# AiO Wasserkühlung corsair Lüfterdrehzahl regeln



## Ubeydullah08 (6. August 2022)

Hallo, ich habe einen Computer mit einer AiO Wasserkühlung von corsair (H100I v2).

Das Gegenstück ist das mainboard von MSI X299 Gaming M7 ACK (ms-7a90)

Die gekühlte CPU ist ein i9-10920X

Nun zu meinem Problem: Im MSI bios gibt es eine automatische overclocking Funktion in 8 verschiedenen leistungsstufen, welche ich gestern mal ausprobiert habe. Wollte nicht ganz klappen das auto-oc dingens.. immer wieder bluescreen weshalb ich dann mein Bios auf Standardwerte zurück gesetzt hab. 

Nach zurücksetzen auf Standardwerte spielte meine AiO Kühlung nicht mehr mit der Software von corsair also ICUE zusammen. Quasi auch wenn meine CPU auf 90° geht drehen die Lüfter nicht schneller. Ich habe bisher immer mit einer selbst definierten lüfterkurve die Lautstärke angenehm geregelt. Bei 55° liefen die Lüfter dann mit 1200rpm und es war in Ordnung von der Lautstärke her.
Aber jetzt nach dem bios zurücksetzen. Laufen die Lüfter dauerhaft nur noch auf 200 rpm oder so.. was muss ich im bios was umstellen? PwM? DC? Auto?

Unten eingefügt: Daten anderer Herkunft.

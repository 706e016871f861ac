-- ===== src/Syscall.antt =====
-- syscall.c: what its functions share: the codes that they return, the types of files, and what
-- they are told by the system.
pub mod Lookup
pub mod Entries
pub mod Create
pub mod Remove
pub mod Io
pub mod Attributes
pub mod Links
pub mod Modes
pub mod Stored
pub mod Served
pub mod Tests
use pcd_file_system.Prelude.{
  ℕ, ◌+◌, ◌-◌, ◌*◌, ◌/◌, ◌%◌, ◌^◌, Option, none, some, Bool, if◌then◌else◌, ◌==◌,
}
use pcd_file_system.Prelude.Run.{Cmd, pure, failure, attempt, ◌>>=◌}
use pcd_file_system.Db.{uint_max}
use pcd_file_system.Inode.Life.{User}

-- An int is given by its bits: -1, -ENOENT, -EIO and -ENOTEMPTY.
abbrev pub minus_one : ℕ
minus_one = 2 ^ 32 - 1

abbrev pub minus_enoent : ℕ
minus_enoent = 2 ^ 32 - 2

abbrev pub minus_eio : ℕ
minus_eio = 2 ^ 32 - 5

abbrev pub minus_enotempty : ℕ
minus_enotempty = 2 ^ 32 - 39

-- What one system call is told: what inode_allocate finds out about the user, the ids of
-- fuse_get_context (in pcd_mkroot of getuid and getgid), and what its calls of time(NULL) give.
pub record Context : Type 0 where
  pub user : User
  pub uid : ℕ
  pub gid : ℕ
  pub time : ℕ → ℕ

module _ {S : Type 0} where
  -- after a call whose -1 makes the caller return `code`
  pub on_result : {A : Type 0} → Option A → ℕ → (A → Cmd S ℕ) → Cmd S ℕ
  on_result none code k = pure code
  on_result (some a) code k = k a

  abbrev pub try_or : {A : Type 0} → Cmd S A → ℕ → (A → Cmd S ℕ) → Cmd S ℕ
  try_or m code k = attempt m >>= λ r. on_result r code k

  -- an int of which the callers test for -1
  unfoldable pub unless_minus_one : ℕ → Cmd S ℕ
  unless_minus_one n = if n == uint_max then failure else pure n

-- The types of files, by their four bits in the mode, and by the characters 's', 'l', '-', 'b',
-- 'd', 'c', 'p' and '?'.
unfoldable pub file_type : ℕ → ℕ
file_type m =
    let bits = m / 4096 % 16 in
    if bits == 12
    then 115
    else if bits == 10
    then 108
    else if bits == 8
    then 45
    else if bits == 6
    then 98
    else if bits == 4
    then 100
    else if bits == 2
    then 99
    else if bits == 1
    then 112
    else 63

unfoldable pub file_type_to_mode_t : ℕ → ℕ
file_type_to_mode_t c =
    if c == 115
    then 12 * 4096
    else if c == 108
    then 10 * 4096
    else if c == 45
    then 8 * 4096
    else if c == 98
    then 6 * 4096
    else if c == 100
    then 4 * 4096
    else if c == 99
    then 2 * 4096
    else if c == 112
    then 4096
    else 0

-- mode & S_IFDIR, as a test
unfoldable pub has_dir_bit : ℕ → Bool
has_dir_bit mode = mode / 2 ^ 14 % 2 == 1

-- S_IFDIR | mode
unfoldable pub or_dir_bit : ℕ → ℕ
or_dir_bit mode = if mode / 2 ^ 14 % 2 == 1 then mode else mode + 2 ^ 14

Ich würde mich freuen über hilfreiche Antworten 

Mit freundlichen Grüßen


----------



## IICARUS (6. August 2022)

Ubeydullah08 schrieb:


> PwM? DC? Auto?


Hängt ganz davon ab, was für Lüfter verbaut sind.

PWM => 4-Pin, per PWM gesteuert
DC => 3-Pin, per Spannung gesteuert

Mit Auto sucht sich normalerweise das Mainboard selbst den richtigen Anschluss aus. Funktioniert aber nicht immer, sodass es nicht verkehrt ist PWM oder DC, je nach Lüfter manuell einzustellen.


----------



## Ubeydullah08 (6. August 2022)

IICARUS schrieb:


> Hängt ganz davon ab, was für Lüfter verbaut sind.
> 
> PWM => 4-Pin, per PWM gesteuert
> DC => 3-Pin, per Spannung gesteuert
> ...


hab den Fehler gefunden.  Der sonsor bei ICUE war falsch angewählt. Sollte CPU Package ausgewählt sein was nicht der Fall war.

Gruß


----------